* THE TASK *
From the records below, please return each line that holds the word "SparseGetNodeFunc".

--- INPUT Enclosed Below ---

-- ===== src/Aws/EnsureOrder.antt =====
-- The order in which `EnsureInterface` of pkg/aws/eni_manager.go calls the EC2 API.
pub mod Calls
pub mod Stages
use Calls.{Is, AfterFind, IsReady, find-Triple, existing_or_new-Triple, assign-Triple}
use Stages.{
  Stage, looking, missing, counting, fresh, joined, ready, stopped, violated, after_look, stage,
}
use multus_multivpc_cni.Base.{
  ℕ, Text, text_eq, Bool, true, false, Option, none, some, Option-cases, List, [], ◌∷◌, Result, ok,
  err, ◌≡◌, ◌≢◌, ◌⊎◌, inl, inr, refl, subst, arith, if◌then◌else◌, option_text_eq,
}
use multus_multivpc_cni.Config.{NetworkProfile}
use multus_multivpc_cni.Aws.Types.{Manager, SyncRequest, SyncResult}
use multus_multivpc_cni.Aws.Ec2.{
  Attachment, NetworkInterface, DescribeInput, CreateInput, AttachInput, ModifyInput, Ec2, AwsError,
  missing_subnet_id, missing_security_group_ids, describe_network_interfaces,
  create_network_interface, attach_network_interface, modify_attachment, M, pure, fail, wrap, ◌>>=◌,
  ◌>>◌,
}
use multus_multivpc_cni.Aws.Device.{next_available_device_index, max_interfaces, index_of_instance}
use multus_multivpc_cni.Aws.Addresses.{assign_ipv4, assign_ipv6, assign_ip_addresses, to_string}
use multus_multivpc_cni.Aws.Ensure.{
  attachment_filter, find_existing_interface, first_interface, build_attachment_tag,
  create_and_attach_interface, existing_or_new, create_input, attach_input, modify_input,
  attach_created, create_at, ensure_checked, ensure_interface, sync_result,
}
use multus_multivpc_cni.Aws.Triples.{Traced, Post, Triple, Triple-bind}
use multus_multivpc_cni.Aws.Trace.{Event, traced}

module _ (e : Ec2) where
  -- The result names the interface that the calls were about, and the addresses of the request.
  pub record IsResult (req : SyncRequest) (res : SyncResult) (p : Stage) : Type 0 where
    pub id : Option Text
    pub about : p ≡ ready id
    pub names : res.eni_id ≡ to_string id
    pub ipv4 : res.assigned_ipv4 ≡ req.ipv4_addresses
    pub ipv6 : res.assigned_ipv6 ≡ req.ipv6_addresses

  assign_pure-Triple :
      (req : SyncRequest) (found : NetworkInterface × Attachment)
      → Triple e stage violated
          (IsReady found)
          (assign_ip_addresses (traced e) found.0 req
            >> pure (sync_result (traced e) found.0 found.1 req))
          (IsResult req)
  assign_pure-Triple req (eni, a) =
      Triple-bind e stage violated (Is (ready eni.network_interface_id))
        (assign_ip_addresses (traced e) eni req) (λ _ p. p ≡ ready eni.network_interface_id)
        (λ _. pure (sync_result (traced e) eni a req)) (IsResult req) (assign-Triple e eni req)
        (λ _ s t p. record {
          id = eni.network_interface_id;
          about = p;
          names = refl;
          ipv4 = refl;
          ipv6 = refl;
        })

  ensure_found-Triple :
      (m : Manager) (cfg : NetworkProfile) (req : SyncRequest) (tag : Text)
      (found : Option (NetworkInterface × Attachment))
      → Triple e stage violated
          (AfterFind found)
          (existing_or_new (traced e) m cfg tag found >>= λ (eni, a).
            assign_ip_addresses (traced e) eni req >> pure (sync_result (traced e) eni a req))
          (IsResult req)
  ensure_found-Triple m cfg req tag found =
      Triple-bind e stage violated (AfterFind found) (existing_or_new (traced e) m cfg tag found)
        IsReady
        (λ (eni, a).
          assign_ip_addresses (traced e) eni req >> pure (sync_result (traced e) eni a req))
        (IsResult req) (existing_or_new-Triple e m cfg tag found) (assign_pure-Triple req)

  ensure_checked-Triple :
      (m : Manager) (cfg : NetworkProfile) (req : SyncRequest)
      → Triple e stage violated (Is looking) (ensure_checked (traced e) m cfg req) (IsResult req)
  unfolding ensure_checked
  ensure_checked-Triple m cfg req =
      let tag = build_attachment_tag req.pod_uid in
      Triple-bind e stage violated (Is looking) (find_existing_interface (traced e) m tag) AfterFind
        (λ found. existing_or_new (traced e) m cfg tag found >>= λ (eni, a).
          assign_ip_addresses (traced e) eni req >> pure (sync_result (traced e) eni a req))
        (IsResult req) (find-Triple e m tag) (ensure_found-Triple m cfg req tag)

  Post-order :
      {X A : Type 0} (Q : A → Stage → Type 0) (x : Result X A × Traced e)
      → ((a : A) (p : Stage) → Q a p → p ≢ violated)
      → Post e stage violated Q x
      → (stage x.1.1 ≢ violated) × ((a : A) → x.0 ≡ ok a → Q a (stage x.1.1))
  Post-order Q (ok a, (s, t)) fine q =
      (fine a _ q, λ b h. let same : a ≡ b = cc in subst (λ x. Q x (stage t)) same q)
  Post-order Q (err x, (s, t)) fine q = (q, λ b h. cc)

  ensure_interface-Triple :
      (m : Manager) (cfg : NetworkProfile) (req : SyncRequest)
      → Triple e stage violated (Is looking) (ensure_interface (traced e) m cfg req) (IsResult req)
  unfolding ensure_interface
  ensure_interface-Triple m cfg req s t p = ground (arith, ensure_checked-Triple m cfg req s t p)

  IsResult-fine :
      (req : SyncRequest) (res : SyncResult) (p : Stage) → IsResult req res p → p ≢ violated
  IsResult-fine req res p r v = ground (arith, r.about)

  -- Over any EC2, an ensure keeps to this order of calls: it looks for the Pod's interface; only if
  -- there is none it counts the device indices, creates an interface, attaches that one and marks
  -- this attachment; then it assigns addresses to the interface found or created, and to no other;
  -- after a failed change it calls nothing more. If it succeeds, its result names that interface and
  -- the addresses of the request.
  pub ensure_interface_order :
      (m : Manager) (cfg : NetworkProfile) (req : SyncRequest) (s : e.State)
      → let (r, (_, calls)) = ensure_interface (traced e) m cfg req (s, []) in
        (stage calls ≢ violated)
        × ((res : SyncResult) → r ≡ ok res → IsResult req res (stage calls))
  ensure_interface_order m cfg req s =
      Post-order (IsResult req) (ensure_interface (traced e) m cfg req (s, [])) (IsResult-fine req)
        (ensure_interface-Triple m cfg req s [] refl)

  -- A profile without a subnet or without a security group is refused before any call.
  ensure_interface_refuses :
      (m : Manager) (cfg : NetworkProfile) (req : SyncRequest) (s : e.State)
      → (cfg.subnet_id ≡ []) ⊎ (cfg.security_group_ids ≡ [])
      → (ensure_interface e m cfg req s).1 ≡ s
        × ((ensure_interface e m cfg req s).0 ≡ err (missing_subnet_id req.network_profile)
            ⊎ (ensure_interface e m cfg req s).0
              ≡ err (missing_security_group_ids req.network_profile))
  unfolding ensure_interface
  ensure_interface_refuses m cfg req s h = ground arith
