-- ===== src/Merkle/Hstar2/Tests.antt =====
-- Runs of merkle/hstar2.go on trees of 16 bits, with a hash that keeps its input.
use trillian.Prelude.{
  ℕ, ◌+◌, ◌-◌, ◌/◌, ◌^◌, ◌≡◌, refl, List, [], ◌∷◌, ◌++◌, Bytes, ok, err, Option, none, some,
  if◌then◌else◌, ◌==◌, arith,
}
use native.Mathlib.Nat.{mul-div_cancel}
use trillian.Prelude.Bits.{two-pow_pos}
use trillian.Prelude.Int.{pos}
use trillian.Merkle.MapHasher.{MapHasher}
use trillian.Merkle.Hstar2.{
  LeafHash, leaves_at_one_index, SparseGetNodeFunc, SparseSetNodeFunc, hstar2_root, hstar2_nodes,
}
use trillian.Merkle.Hstar2.Tree.{node_value, node}
use trillian.Merkle.Hstar2.Insertion.{insertion, insertion-Sorts, insertion-Searches}
use trillian.Merkle.Hstar2.Correct.{Yields}
use trillian.Merkle.Hstar2.Written.{written}
use trillian.Merkle.Hstar2.Root.{no_leaves, hstar2_root_lem}
use trillian.Merkle.Hstar2.Repeated.{hstar2_root-err}
use trillian.Merkle.Hstar2.Nodes.{Gets, Sets, hstar2_nodes_lem}

abbrev hasher : MapHasher (Unit {0})
hasher = record {
  hash_empty = λ tree_id path height. 0 ∷ height ∷ path;
  hash_leaf = λ tree_id index leaf. ok (2 ∷ leaf);
  hash_children = λ l r. 1 ∷ l ++ r;
  size = 1;
  bit_len = 16;
}

-- Two leaves of a tree of two levels, the second one first.
abbrev two_values : List LeafHash
two_values =
    record { index = 0x8001; leaf_hash = 12 ∷ [] }
    ∷ record { index = 0x0003; leaf_hash = 10 ∷ [] }
    ∷ []

abbrev root_of_two : Bytes
root_of_two =
    node_value hasher (pos 7) 0 0
      (node hasher (pos 7) (written (2 ^ 14) two_values no_leaves) 2 0 0)

-- The leaves, and the empty ones at their places.
root_of_two_test : root_of_two ≡ 1 ∷ 1 ∷ 10 ∷ 0 ∷ 14 ∷ 0x40 ∷ 0 ∷ 1 ∷ 12 ∷ 0 ∷ 14 ∷ 0xC0 ∷ 0 ∷ []
unfolding node
root_of_two_test = refl

hstar2_root_lem_example :
    hstar2_root {S = Unit {0}} hasher (pos 7) insertion 2 two_values tt ≡ (tt, ok root_of_two)
hstar2_root_lem_example =
    hstar2_root_lem hasher (pos 7) insertion insertion-Sorts insertion-Searches 2 14 two_values tt
      (omega arith) (omega arith) (omega arith, (omega arith, tt))
      (((λ e. absurd (omega arith)), tt), (tt, tt))

abbrev one_place : List LeafHash
one_place =
    record { index = 0x8001; leaf_hash = 12 ∷ [] }
    ∷ record { index = 0x0003; leaf_hash = 10 ∷ [] }
    ∷ record { index = 0x8001; leaf_hash = 11 ∷ [] }
    ∷ []

hstar2_root-err_example :
    hstar2_root {S = Unit {0}} hasher (pos 7) insertion 16 one_place tt
    ≡ (tt, err leaves_at_one_index)
hstar2_root-err_example =
    hstar2_root-err hasher (pos 7) insertion insertion-Sorts insertion-Searches 16 0 one_place tt
      (omega arith) (omega arith) (omega arith, (omega arith, (omega arith, tt)))
      (λ apart. apart.0.1.0 refl)

-- A tree of two levels below the prefix 5, which has a leaf at each place but the last.
abbrev old : ℕ → Option Bytes
old k = if k == 23 then none else some (9 ∷ k ∷ [])

abbrev below_five : List LeafHash
below_five = record { index = 0x0581; leaf_hash = 12 ∷ [] } ∷ []

-- The nodes that were written, the last one first.
abbrev Log : Type 0
Log = List (ℕ × ℕ × Bytes)

-- The nodes of the old tree, of which the leaves are at the depth 10.
abbrev getter : SparseGetNodeFunc Log (Unit {0})
getter depth index log =
    (log, ok (node hasher (pos 7) old (10 - depth) depth (index / 2 ^ (16 - depth))))

abbrev setter : SparseSetNodeFunc Log (Unit {0})
setter depth index hash log = ((depth, index, hash) ∷ log, ok tt)

old_nodes : Gets hasher (pos 7) 6 (λ log. Unit {0}) (written (2 ^ 6) below_five old) old getter
old_nodes n d j log levels small p same =
    let height : 16 - d ≡ n + 6 = omega arith in
    let level : 10 - d ≡ n = omega arith in
    record {
      state = tt;
      returned = rw (height, level, mul-div_cancel j (two-pow_pos (n + 6))) refl;
    }

takes_nodes : Sets hasher (pos 7) 6 (λ log. Unit {0}) (written (2 ^ 6) below_five old) setter
takes_nodes n d j log levels small p = record { state = tt; returned = refl }

hstar2_nodes_lem_example :
    Yields
      (λ log. Unit {0})
      (node_value hasher (pos 7) 8 5 (node hasher (pos 7) (written (2 ^ 6) below_five old) 2 8 5))
      (hstar2_nodes hasher (pos 7) insertion (5 ∷ []) 2 below_five (some getter) (some setter) [])
hstar2_nodes_lem_example =
    hstar2_nodes_lem hasher (pos 7) insertion insertion-Sorts insertion-Searches (5 ∷ []) 2 6 old
      below_five (λ log. Unit {0}) getter setter [] (omega arith) (omega arith) (omega arith, tt)
      ((omega arith, omega arith), tt) (tt, tt) old_nodes takes_nodes tt
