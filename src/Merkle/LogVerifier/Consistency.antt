-- ===== src/Merkle/LogVerifier/Consistency.antt =====
-- Consistency proofs: when the loops accept, how the older root comes out, and what is proved.
pub mod Accepted
pub mod Older
pub mod Complete
pub mod Sound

--- End of Enclosed INPUT ---

* EXERCISE RESPONSE *
  LeafHash, leaves_at_one_index, SparseGetNodeFunc, SparseSetNodeFunc, hstar2_root, hstar2_nodes,
abbrev getter : SparseGetNodeFunc Log (Unit {0})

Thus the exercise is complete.